_AIM OF THE EXERCISE_
Set down a word-for-word copy of the data below, limited to the lines from the first through the line with "kernel_stack_size = 0x10000".

╭─ RECORDS FOR PROCESSING

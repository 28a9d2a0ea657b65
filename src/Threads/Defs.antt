-- ===== src/Threads/Defs.antt =====
-- The state of the threads, their creation, the scheduler, and the end of a thread.
use oscs25_labs.Base.{
  ℕ, ◌+◌, ◌-◌, ◌/◌, ◌%◌, ◌^◌, Bool, true, false, not, ◌&&◌, none, some, ltb, ◌==◌, if◌then◌else◌,
  update,
}
use oscs25_labs.Template.Links.{Ptr, Links, node_init}
use oscs25_labs.Template.Queue.{Queue, queue_init, queue_push, queue_pop}
use oscs25_labs.Pages.{Pages, page_alloc}
use oscs25_labs.Regions.{RcRegion}
use oscs25_labs.Timer.{Timer, add_timer_event, config_core_timer}
use oscs25_labs.Except.{Except, swap_event_workload}

abbrev pub num_signals : ℕ
num_signals = 10

abbrev pub state_lr : ℕ
state_lr = 11

abbrev pub state_user_sp : ℕ
state_user_sp = 12

abbrev pub state_kernel_sp : ℕ
state_kernel_sp = 13

abbrev pub user_stack_size : ℕ
user_stack_size = 0x40000

abbrev pub kernel_stack_size : ℕ
kernel_stack_size = 0x10000

-- `GET_STACK_BOTTOM`, which a `size` below the address makes no more than a sum of 64 bits.
abbrev pub get_stack_bottom : (head size : ℕ) → ℕ
get_stack_bottom head size = (head + size + 2 ^ 64 - 16) % 2 ^ 64

-- `GET_STACK_TOP`, for a size that is a power of two.
abbrev pub get_stack_top : (ptr size : ℕ) → ℕ
get_stack_top ptr size = ptr - ptr % size

-- `ExceptWorkload` of a thread that does not run.
pub record Workload : Type 0 where
  pub base_queue : Ptr
  pub timer_mask : Bool
  pub uart_mask : Bool

-- The fields of `Thread`. `task`, `args` and the handlers are addresses, `prog` names a region, and
-- `thread_state` and `signal_handlers` take an index.
pub record Thread : Type 0 where
  pub id : ℕ
  pub priority : ℕ
  pub prog : Ptr
  pub task : ℕ
  pub args : ℕ
  pub thread_state : ℕ → ℕ
  pub excepts : Workload
  pub signal_handlers : ℕ → ℕ
  pub last_signal : ℕ
  pub alive : Bool

-- The static variables of the file, the threads with their nodes, the thread that runs, and the
-- state of the components that are called.
pub record System : Type 0 where
  pub thread : ℕ → Thread
  pub node : Links
  pub run_queue : Queue
  pub wait_queue : Queue
  pub dead_queue : Queue
  pub idle_thread : ℕ
  pub total_thread : ℕ
  pub switch_interval : ℕ
  pub current : ℕ
  pub except : Except
  pub timer : Timer
  pub pages : Pages
  pub region : ℕ → RcRegion

-- The addresses of the two functions that are stored.
pub record Code : Type 0 where
  pub thread_entry : ℕ
  pub switch_context : ℕ

-- The counts at the two calls of `get_timer` in `add_timer_event`, and whether it gets memory.
pub record Clock : Type 0 where
  pub current : ℕ
  pub later : ℕ
  pub allocated : Bool

abbrev pub set_thread : ℕ → Thread → System → System
set_thread t th s = record s { thread = update s.thread t th }

-- `init_workload`
abbrev pub new_workload : Workload
new_workload = record { base_queue = none; timer_mask = false; uart_mask = false }

-- The registers of a new thread, with the stacks that `page_alloc` gave.
unfoldable pub initial_state : (entry user_stack kernel_stack : ℕ) → ℕ → ℕ
initial_state entry user_stack kernel_stack i =
    if i == state_lr
    then entry
    else if i == state_user_sp
    then get_stack_bottom user_stack user_stack_size
    else if i == state_kernel_sp
    then get_stack_bottom kernel_stack kernel_stack_size
    else 0

-- `t` is what `dyna_alloc` returned for the thread; the pages that it may take for the thread and its
-- workload are left out. The user stack is allocated first.
unfoldable pub thread_init : Code → (t assigned args : ℕ) → (prog : Ptr) → System → System
thread_init code t assigned args prog s =
    let (user, pages₁) = page_alloc user_stack_size s.pages in
    let (kernel, pages₂) = page_alloc kernel_stack_size pages₁ in
    record s {
      total_thread = (s.total_thread + 1) % 2 ^ 32;
      pages = pages₂;
      thread = update s.thread t (record {
        id = s.total_thread;
        priority = 0;
        prog = prog;
        task = assigned;
        args = args;
        thread_state = initial_state code.thread_entry user kernel;
        excepts = new_workload;
        signal_handlers = λ _. 0;
        last_signal = num_signals;
        alive = true;
      });
    }

unfoldable pub enable_context_switch : Code → Clock → System → System
enable_context_switch code clock s =
    let (_, timer') =
      add_timer_event clock.allocated clock.current clock.later s.switch_interval
        code.switch_context 0 s.timer in
    record s { timer = timer' }

unfoldable pub push_run : (t : ℕ) → System → System
push_run t s =
    let (run', node') = queue_push s.run_queue t s.node in
    record s { run_queue = run'; node = node' }

unfoldable pub push_dead : (t : ℕ) → System → System
push_dead t s =
    let (dead', node') = queue_push s.dead_queue t s.node in
    record s { dead_queue = dead'; node = node' }

unfoldable pub make_thread : Code → Clock → (t assigned args : ℕ) → (prog : Ptr) → System → System
unfolding push_run
make_thread code clock t assigned args prog s =
    let s₁ = thread_init code t assigned args prog s in
    let s₂ = push_run t (record s₁ { node = node_init t s₁.node }) in
    if s₂.total_thread == 3 then enable_context_switch code clock s₂ else s₂

-- The start of the system: the identifiers of the two threads are those that `dyna_alloc` returned.
-- `freq` is the frequency that `get_timer` reads; `systemd` shares the running workload.
unfoldable pub init_thread_sys : Code → (freq idle systemd idle_task : ℕ) → System → System
init_thread_sys code freq idle systemd idle_task s =
    let s₁ = record s {
      run_queue = queue_init;
      wait_queue = queue_init;
      dead_queue = queue_init;
      switch_interval = freq / 2 ^ 5;
      idle_thread = idle;
    } in
    let s₂ = thread_init code idle idle_task 0 none s₁ in
    let s₃ = thread_init code systemd 0 0 none s₂ in record s₃ { current = systemd }

unfoldable pub thread_alive : ℕ → System → Bool
thread_alive t s = (s.thread t).alive

-- The running thread goes behind the others if it is alive and neither `idle_thread` nor `systemd`.
unfoldable pub requeue : System → System
unfolding push_run thread_alive
requeue s =
    if ltb 1 (s.thread s.current).id && thread_alive s.current s then push_run s.current s else s

-- The thread of the node, or the idle thread for `NULL`.
unfoldable pub choose : Ptr → System → ℕ
choose none s = s.idle_thread
choose (some t) s = t

unfoldable pub switch_thread : ℕ → System → System
switch_thread preemptor s =
    let w = (s.thread preemptor).excepts in
    record s {
      except = swap_event_workload w.base_queue w.timer_mask w.uart_mask s.except;
      timer = config_core_timer (not w.timer_mask) s.timer;
      current = preemptor;
    }

unfoldable pub schedule : System → System
unfolding requeue choose switch_thread
schedule s =
    let s₁ = requeue s in
    let (head, run', node') = queue_pop s₁.run_queue s₁.node in
    switch_thread (choose head s₁) (record s₁ { run_queue = run'; node = node' })

unfoldable pub curr_thread_regis_signal : (signal handler_func : ℕ) → System → System
curr_thread_regis_signal signal handler_func s =
    let curr = s.thread s.current in
    set_thread s.current
      (record curr { signal_handlers = update curr.signal_handlers signal handler_func }) s

-- The timer callback, up to the signal that is handled when the thread runs again.
unfoldable pub switch_context : Code → Clock → System → System
unfolding enable_context_switch
switch_context code clock s = schedule (enable_context_switch code clock s)
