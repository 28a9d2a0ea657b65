-- ===== src/Threads/Ending.antt =====
-- The end of a thread, by itself or by another one.
use oscs25_labs.Base.{ℕ, Bool, true, false, not, Option, none, some, ◌==◌, if◌then◌else◌}
use oscs25_labs.Template.Links.{Links}
use oscs25_labs.Template.Queue.{Queue, queue_erase}
use oscs25_labs.Timer.{config_core_timer}
use oscs25_labs.Threads.Defs.{System, set_thread, push_dead, schedule}

-- `config_core_timer(!mask)`: the mask of the running workload, and the register of the timer.
unfoldable pub mask_timer : Bool → System → System
mask_timer mask s =
    let e = s.except in
    record s {
      except = record e { timer_mask = mask };
      timer = config_core_timer (not mask) s.timer;
    }

unfoldable pub set_dead : ℕ → System → System
set_dead t s = let th = s.thread t in set_thread t (record th { alive = false }) s

unfoldable pub kill_curr_thread : System → System
unfolding push_dead set_dead mask_timer
kill_curr_thread s =
    schedule (mask_timer false (push_dead s.current (set_dead s.current (mask_timer true s))))

-- Where `find_thread` finds a thread: it runs, or it is in one of the two queues.
pub data Location : Type 0 where
  running : Location
  in_run : Location
  in_wait : Location

unfoldable pub run_erased : Option Queue × Links → System → System
run_erased (none, node') s = s
run_erased (some run', node') s = record s { run_queue = run'; node = node' }

unfoldable pub wait_erased : Option Queue × Links → System → System
wait_erased (none, node') s = s
wait_erased (some wait', node') s = record s { wait_queue = wait'; node = node' }

-- `queue_erase` at a location, which is `NULL` for a thread that runs.
unfoldable pub erase_from : Location → ℕ → System → System
erase_from running t s = s
erase_from in_run t s = run_erased (queue_erase (some s.run_queue) (some t) s.node) s
erase_from in_wait t s = wait_erased (queue_erase (some s.wait_queue) (some t) s.node) s

unfoldable pub kill_thread : (target : ℕ) → Location → System → System
unfolding set_dead erase_from push_dead
kill_thread target location s =
    if target == s.current
    then kill_curr_thread s
    else push_dead target (erase_from location target (set_dead target s))
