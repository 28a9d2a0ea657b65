-- ===== src/Signals.antt =====
-- lib/thread/signals.c, with `sigreturn_s` of lib/exception/syscall.c: the handlers of signals.
-- Memory is a function from an address to a byte, and a trap frame is the address of its first word.
pub mod Frames
pub mod Page
pub mod Restore
mod Tests
use oscs25_labs.Base.{ℕ, ◌+◌, ◌-◌, ◌*◌, ◌%◌, ◌^◌, Option, none, some, not, ltb, ◌==◌, if◌then◌else◌}
use oscs25_labs.Pages.{Pages, page_alloc, page_free}
use oscs25_labs.Threads.Defs.{System, num_signals, get_stack_bottom, get_stack_top, set_thread}
use oscs25_labs.Threads.Ending.{kill_curr_thread}
use oscs25_labs.Words.{memcpy}
use oscs25_labs.Words.Access.{word_at, store_word}

abbrev pub signal_handler_stack_size : ℕ
signal_handler_stack_size = 0x1000

abbrev pub trap_frame_size : ℕ
trap_frame_size = 272

abbrev pub trap_frame_num_elements : ℕ
trap_frame_num_elements = 34

abbrev pub lr_idx : ℕ
lr_idx = 30

abbrev pub spsr_idx : ℕ
spsr_idx = 31

abbrev pub elr_idx : ℕ
elr_idx = 32

-- The threads, memory, and the stack pointer of EL0.
pub record Machine : Type 0 where
  pub system : System
  pub memory : ℕ → ℕ
  pub sp_el0 : ℕ

-- `trap_frame[idx]`, and an assignment to it.
unfoldable pub frame_word : (trap_frame idx : ℕ) → (ℕ → ℕ) → ℕ
frame_word trap_frame idx memory = word_at 8 (trap_frame + 8 * idx) memory

unfoldable pub set_frame_word : (trap_frame idx value : ℕ) → (ℕ → ℕ) → ℕ → ℕ
set_frame_word trap_frame idx value memory = store_word 8 (trap_frame + 8 * idx) value memory

-- The default handler of a signal that is smaller than `NUM_SIGNALS`; `none` is a call of `NULL`.
unfoldable pub default_signal_handler : (signal : ℕ) → System → Option System
default_signal_handler signal s = if signal == 9 then some (kill_curr_thread s) else none

unfoldable pub with_system : Machine → Option System → Option Machine
with_system m none = none
with_system m (some s) = some (record m { system = s })

-- The stack pointer and the frame are saved at the end of a new page; `stack` is the address of the
-- word for the pointer.
unfoldable pub save_frame : (trap_frame stack : ℕ) → Machine → Machine
save_frame trap_frame stack m =
    let saved = stack - 8 * trap_frame_num_elements in
    record m {
      memory = memcpy saved trap_frame trap_frame_size (store_word 8 stack m.sp_el0 m.memory);
      sp_el0 = saved;
    }

unfoldable pub enter_handler : (exit_signal_handler handler trap_frame : ℕ) → (ℕ → ℕ) → ℕ → ℕ
unfolding set_frame_word
enter_handler exit_signal_handler handler trap_frame memory =
    set_frame_word trap_frame spsr_idx 0x340 (
      set_frame_word trap_frame elr_idx handler
        (set_frame_word trap_frame lr_idx exit_signal_handler memory))

unfoldable pub set_pages : Pages → System → System
set_pages p s = record s { pages = p }

-- The part for a registered handler.
unfoldable pub run_registered : (exit_signal_handler handler trap_frame : ℕ) → Machine → Machine
unfolding save_frame enter_handler set_pages
run_registered exit_signal_handler handler trap_frame m =
    let s = m.system in
    let (page, pages') = page_alloc signal_handler_stack_size s.pages in
    let saved =
      save_frame trap_frame (get_stack_bottom page signal_handler_stack_size)
        (record m { system = set_pages pages' s }) in
    record saved { memory = enter_handler exit_signal_handler handler trap_frame saved.memory }

-- The signal is marked as handled first.
unfoldable pub clear_signal : System → System
clear_signal s =
    let curr = s.thread s.current in
    set_thread s.current (record curr { last_signal = num_signals }) s

-- `none` is undefined: a signal outside the table, or a call of `NULL`.
unfoldable pub handle_signal : (exit_signal_handler trap_frame : ℕ) → Machine → Option Machine
unfolding with_system default_signal_handler run_registered clear_signal
handle_signal exit_signal_handler trap_frame m =
    let s = m.system in
    let curr = s.thread s.current in
    let signal = curr.last_signal in
    let m' = record m { system = clear_signal s } in
    if not (ltb signal num_signals)
    then none
    else if curr.signal_handlers signal == 0
    then with_system m' (default_signal_handler signal (clear_signal s))
    else some (run_registered exit_signal_handler (curr.signal_handlers signal) trap_frame m')

-- The system call at the end of a handler, whose stack pointer is still in the page.
unfoldable pub sigreturn_s : (trap_frame : ℕ) → Machine → Machine
unfolding set_pages
sigreturn_s trap_frame m =
    let temp_stack = get_stack_top m.sp_el0 signal_handler_stack_size in
    let stack_bottom = get_stack_bottom temp_stack signal_handler_stack_size in
    let s = m.system in
    record m {
      sp_el0 = word_at 8 stack_bottom m.memory;
      memory =
          memcpy trap_frame (stack_bottom - 8 * trap_frame_num_elements) trap_frame_size m.memory;
      system = set_pages (page_free temp_stack s.pages) s;
    }
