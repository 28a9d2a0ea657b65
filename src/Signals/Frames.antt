-- ===== src/Signals/Frames.antt =====
-- What `handle_signal` leaves in memory for the handler and for `sigreturn_s`.
use oscs25_labs.Base.{
  ℕ, ◌+◌, ◌-◌, ◌*◌, ◌^◌, ◌≤◌, ◌<◌, ◌≡◌, ◌≢◌, ◌⊎◌, ◌∙◌, ap, refl, Option, some, update_self, true,
  false, ltb, ◌==◌, arith,
}
use oscs25_labs.Pages.{page_alloc, page_size}
use oscs25_labs.Threads.Defs.{System, Thread, num_signals, get_stack_bottom}
use oscs25_labs.Pages.Aligned.{page_alloc-IsPage}
use oscs25_labs.Words.{memcpy}
use oscs25_labs.Words.Copy.{Outside, memcpy_inside, memcpy-Outside}
use oscs25_labs.Words.Access.{
  word_at, store_word, store_word-Outside, word_at-store_word, word_at-store_elsewhere, Agree,
  word_at-Agree,
}
use oscs25_labs.Signals.{
  Machine, signal_handler_stack_size, trap_frame_size, frame_word, set_frame_word, lr_idx, elr_idx,
  spsr_idx, save_frame, enter_handler, set_pages, clear_signal, run_registered, handle_signal,
}

-- The page of a handler is apart from the trap frame.
abbrev pub FrameApart : (page trap_frame : ℕ) → Type 0
FrameApart page trap_frame = (trap_frame + trap_frame_size ≤ page) ⊎ (page + page_size ≤ trap_frame)

-- The end of the page holds the stack pointer `sp`, and below it the bytes that were the frame.
pub record Saved (page sp : ℕ) (trap_frame : ℕ) (memory memory' : ℕ → ℕ) : Type 0 where
  pub pointer : word_at 8 (page + 0xff0) memory' ≡ sp
  pub frame : (i : ℕ) → i < trap_frame_size → memory' (page + 0xee0 + i) ≡ memory (trap_frame + i)

enter_handler-Outside :
    (exit handler trap_frame : ℕ) (m : ℕ → ℕ) (a : ℕ)
    → Outside trap_frame trap_frame_size a
    → enter_handler exit handler trap_frame m a ≡ m a
unfolding enter_handler set_frame_word
enter_handler-Outside exit handler trap_frame m a out =
    store_word-Outside 8 (trap_frame + 8 * spsr_idx) 0x340 _ a (omega arith)
    ∙ store_word-Outside 8 (trap_frame + 8 * elr_idx) handler _ a (omega arith)
    ∙ store_word-Outside 8 (trap_frame + 8 * lr_idx) exit m a (omega arith)

save_frame-Saved :
    (trap_frame page : ℕ) (m : Machine)
    → FrameApart page trap_frame
    → m.sp_el0 < 2 ^ 64
    → Saved page m.sp_el0 trap_frame m.memory ((save_frame trap_frame (page + 0xff0) m).memory)
unfolding save_frame
save_frame-Saved trap_frame page m apart low =
    let stored = store_word 8 (page + 0xff0) m.sp_el0 m.memory in
    let saved = memcpy (page + 0xff0 - 272) trap_frame trap_frame_size stored in
    record {
      pointer =
          word_at-Agree 8 (page + 0xff0) saved stored (λ a lo hi.
            memcpy-Outside (page + 0xff0 - 272) trap_frame trap_frame_size stored a (omega arith))
          ∙ word_at-store_word 8 (page + 0xff0) m.sp_el0 m.memory (omega arith);
      frame = λ i lo.
          let there : page + 0xee0 + i ≡ page + 0xff0 - 272 + i = omega arith in
          ap saved there
          ∙ memcpy_inside (page + 0xff0 - 272) trap_frame trap_frame_size stored i lo (omega arith)
          ∙ store_word-Outside 8 (page + 0xff0) m.sp_el0 m.memory (trap_frame + i) (omega arith);
    }

-- The saved words stay if their bytes stay.
pub Saved-Agree :
    (page sp trap_frame : ℕ) (memory m m' : ℕ → ℕ)
    → Saved page sp trap_frame memory m
    → Agree (page + 0xee0) 0x118 m' m
    → Saved page sp trap_frame memory m'
Saved-Agree page sp trap_frame memory m m' saved same = record {
  pointer =
      word_at-Agree 8 (page + 0xff0) m' m (λ a lo hi. same a (omega arith) (omega arith))
      ∙ saved.pointer;
  frame = λ i lo. same (page + 0xee0 + i) (omega arith) (omega arith) ∙ saved.frame i lo;
}

-- The frame that returns to the handler.
pub record Returns (exit handler trap_frame : ℕ) (memory : ℕ → ℕ) : Type 0 where
  pub link : frame_word trap_frame lr_idx memory ≡ exit
  pub address : frame_word trap_frame elr_idx memory ≡ handler
  pub mode : frame_word trap_frame spsr_idx memory ≡ 0x340

enter_handler-Returns :
    (exit handler trap_frame : ℕ) (m : ℕ → ℕ)
    → exit < 2 ^ 64
    → handler < 2 ^ 64
    → Returns exit handler trap_frame (enter_handler exit handler trap_frame m)
unfolding enter_handler set_frame_word frame_word
enter_handler-Returns exit handler trap_frame m exit_low handler_low =
    let lr = trap_frame + 8 * lr_idx in
    let elr = trap_frame + 8 * elr_idx in
    let spsr = trap_frame + 8 * spsr_idx in
    let m₁ = store_word 8 lr exit m in
    let m₂ = store_word 8 elr handler m₁ in
    record {
      link =
          word_at-store_elsewhere 8 lr 8 spsr 0x340 m₂ (omega arith)
          ∙ word_at-store_elsewhere 8 lr 8 elr handler m₁ (omega arith)
          ∙ word_at-store_word 8 lr exit m (omega arith);
      address =
          word_at-store_elsewhere 8 elr 8 spsr 0x340 m₂ (omega arith)
          ∙ word_at-store_word 8 elr handler m₁ (omega arith);
      mode = word_at-store_word 8 spsr 0x340 m₂ (omega arith);
    }

-- The handler runs on the end of the page, its frame is saved, the signal is marked as handled, and
-- no byte outside the page and the trap frame is changed.
pub record Entered (exit handler trap_frame page : ℕ) (m : Machine) (r : Option Machine)
    : Type 0 where
  pub after : Machine
  pub result : r ≡ some after
  pub saved : Saved page m.sp_el0 trap_frame m.memory after.memory
  pub stack : after.sp_el0 ≡ page + 0xee0
  pub returns : Returns exit handler trap_frame after.memory
  pub pages : after.system.pages ≡ (page_alloc signal_handler_stack_size m.system.pages).1
  pub handled : (after.system.thread m.system.current).last_signal ≡ num_signals
  pub others :
      (a : ℕ)
      → Outside page page_size a
      → Outside trap_frame trap_frame_size a
      → after.memory a ≡ m.memory a

save_frame-Outside :
    (trap_frame page : ℕ) (m : Machine) (a : ℕ)
    → Outside page page_size a
    → (save_frame trap_frame (page + 0xff0) m).memory a ≡ m.memory a
unfolding save_frame
save_frame-Outside trap_frame page m a out =
    memcpy-Outside (page + 0xff0 - 272) trap_frame trap_frame_size _ a (omega arith)
    ∙ store_word-Outside 8 (page + 0xff0) m.sp_el0 m.memory a (omega arith)

-- The signal that waits for the running thread, its handler, and the page that the handler gets.
abbrev pub pending : System → ℕ
pending s = (s.thread s.current).last_signal

abbrev pub registered : System → ℕ
registered s = (s.thread s.current).signal_handlers (pending s)

abbrev pub handler_page : System → ℕ
handler_page s = (page_alloc signal_handler_stack_size s.pages).0

run_registered_page :
    (exit handler trap_frame : ℕ) (m : Machine)
    → run_registered exit handler trap_frame m ≡ (
        let s = m.system in
        let saved =
          save_frame trap_frame (handler_page s + 0xff0) (record m {
            system = set_pages ((page_alloc signal_handler_stack_size s.pages).1) s;
          }) in
        record saved { memory = enter_handler exit handler trap_frame saved.memory })
unfolding run_registered
run_registered_page exit handler trap_frame m =
    let is_page = page_alloc-IsPage signal_handler_stack_size m.system.pages in
    let bottom : get_stack_bottom (handler_page m.system) signal_handler_stack_size
        ≡ handler_page m.system + 0xff0 =
      omega (arith, is_page.1) in
    rw bottom refl

run_registered-Entered :
    (exit handler trap_frame : ℕ) (m : Machine)
    → handler < 2 ^ 64
    → exit < 2 ^ 64
    → m.sp_el0 < 2 ^ 64
    → FrameApart (handler_page m.system) trap_frame
    → pending m.system ≡ num_signals
    → Entered exit handler trap_frame
        (handler_page m.system)
        m
        (some (run_registered exit handler trap_frame m))
unfolding set_pages save_frame
run_registered-Entered exit handler trap_frame m handler_low exit_low sp_low apart handled =
    let s = m.system in
    let page = handler_page s in
    let m' = record m { system = set_pages ((page_alloc signal_handler_stack_size s.pages).1) s } in
    let saved = save_frame trap_frame (page + 0xff0) m' in
    let entered = enter_handler exit handler trap_frame saved.memory in
    record {
      after = record saved { memory = entered };
      result = ap some (run_registered_page exit handler trap_frame m);
      saved =
          Saved-Agree page m.sp_el0 trap_frame m.memory saved.memory entered
            (save_frame-Saved trap_frame page m' apart sp_low)
            (λ a lo hi. enter_handler-Outside exit handler trap_frame saved.memory a (omega arith));
      stack = omega arith;
      returns = enter_handler-Returns exit handler trap_frame saved.memory exit_low handler_low;
      pages = refl;
      handled = handled;
      others = λ a out_page out_frame.
          enter_handler-Outside exit handler trap_frame saved.memory a out_frame
          ∙ save_frame-Outside trap_frame page m' a out_page;
    }

-- A signal with a registered handler is handled: the thread returns to the handler, at the end of the
-- page that `page_alloc` gives, if it is apart from the trap frame, and what it did before is saved
-- there. The address of the page may be 0.
pub handle_signal-Entered :
    (exit trap_frame : ℕ) (m : Machine)
    → pending m.system < num_signals
    → registered m.system ≢ 0
    → registered m.system < 2 ^ 64
    → exit < 2 ^ 64
    → m.sp_el0 < 2 ^ 64
    → FrameApart (handler_page m.system) trap_frame
    → Entered exit
        (registered m.system)
        trap_frame
        (handler_page m.system)
        m
        (handle_signal exit trap_frame m)
unfolding handle_signal clear_signal
handle_signal-Entered exit trap_frame m known is_registered handler_low exit_low sp_low apart =
    let s = m.system in
    let page = handler_page s in
    let below : ltb (pending s) num_signals ≡ true = ground arith in
    let handler : (registered s == 0) ≡ false = ground arith in
    let m' = record m { system = clear_signal s } in
    let handled =
      ap (λ (t : Thread). t.last_signal)
        (update_self s.thread s.current
          (record (s.thread s.current) { last_signal = num_signals })) in
    let entered =
      run_registered-Entered exit (registered s) trap_frame m' handler_low exit_low sp_low apart
        handled in
    record {
      after = entered.after;
      result = rw (below, handler) entered.result;
      saved = entered.saved;
      stack = entered.stack;
      returns = entered.returns;
      pages = entered.pages;
      handled = entered.handled;
      others = entered.others;
    }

╰─

_ANSWER BOX_
repository 28a9d2a0ea657b65
filename src/Threads/Defs.antt
-- ===== src/Threads/Defs.antt =====
-- The state of the threads, their creation, the scheduler, and the end of a thread.
use oscs25_labs.Base.{
  ℕ, ◌+◌, ◌-◌, ◌/◌, ◌%◌, ◌^◌, Bool, true, false, not, ◌&&◌, none, some, ltb, ◌==◌, if◌then◌else◌,
  update,
}
use oscs25_labs.Template.Links.{Ptr, Links, node_init}
use oscs25_labs.Template.Queue.{Queue, queue_init, queue_push, queue_pop}
use oscs25_labs.Pages.{Pages, page_alloc}
use oscs25_labs.Regions.{RcRegion}
use oscs25_labs.Timer.{Timer, add_timer_event, config_core_timer}
use oscs25_labs.Except.{Except, swap_event_workload}

abbrev pub num_signals : ℕ
num_signals = 10

abbrev pub state_lr : ℕ
state_lr = 11

abbrev pub state_user_sp : ℕ
state_user_sp = 12

abbrev pub state_kernel_sp : ℕ
state_kernel_sp = 13

abbrev pub user_stack_size : ℕ
user_stack_size = 0x40000

abbrev pub kernel_stack_size : ℕ
kernel_stack_size = 0x10000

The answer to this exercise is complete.